● **Records**:
——
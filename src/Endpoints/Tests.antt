-- ===== src/Endpoints/Tests.antt =====
-- Requests at concrete profilers.
use wzprof.Base.{◌≡◌, refl, List, [], ◌∷◌, map, true, false}
use wzprof.Endpoints.{
  Profiler, Request, text, handler, guest_entry, host_entries, served, index, fixed_entry, host_cpu,
  descriptions_by_name,
}
use wzprof.Endpoints.Routes.{IsAnswered, handler-IsAnswered}

abbrev two_profilers : List Profiler
two_profilers =
    record { name = text "profile"; desc = text "time"; count = 3 }
    ∷ record { name = text "allocs"; desc = text "memory"; count = 5 }
    ∷ []

abbrev for_profile : Request
for_profile = record { path = text "/debug/pprof/profile"; host = false }

abbrev for_host_profile : Request
for_host_profile = record { path = text "/debug/pprof/profile"; host = true }

abbrev for_page : Request
for_page = record { path = text "/debug/pprof/"; host = false }

-- The guest's profile, that of the host, and the page.
guest_served :
    handler (λ es. es) two_profilers [] 7 for_profile
    ≡ served (guest_entry (record { name = text "profile"; desc = text "time"; count = 3 }))
unfolding handler wzprof.Endpoints.entry_of wzprof.WasmBin.bytes_eq
guest_served = refl

host_served :
    handler (λ es. es) two_profilers [] 7 for_host_profile ≡ served (fixed_entry "profile" host_cpu)
unfolding handler wzprof.Endpoints.entry_of wzprof.WasmBin.bytes_eq
host_served = refl

page_served :
    handler (λ es. es) two_profilers [] 7 for_page
    ≡ index (map guest_entry two_profilers) (host_entries [] 7)
unfolding handler wzprof.Endpoints.entry_of wzprof.WasmBin.bytes_eq
page_served = refl

names_described :
    descriptions_by_name (map guest_entry two_profilers) []
    ≡ (text "profile", text "time") ∷ (text "allocs", text "memory") ∷ []
unfolding descriptions_by_name wzprof.WasmBin.bytes_eq guest_entry
names_described = refl

handler-IsAnswered_example :
    IsAnswered
      (map guest_entry two_profilers)
      (map guest_entry two_profilers)
      (host_entries [] 7)
      (text "/debug/pprof/profile")
      (handler (λ es. es) two_profilers [] 7 for_profile)
handler-IsAnswered_example = handler-IsAnswered (λ es. es) two_profilers [] 7 for_profile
——
● **Work required**:
What lines in the listing contain "time"? Copy them all.

● **Task response**:
    record { name = text "profile"; desc = text "time"; count = 3 }
    ≡ served (guest_entry (record { name = text "profile"; desc = text "time"; count = 3 }))
    ≡ (text "profile", text "time") ∷ (text "allocs", text "memory") ∷ []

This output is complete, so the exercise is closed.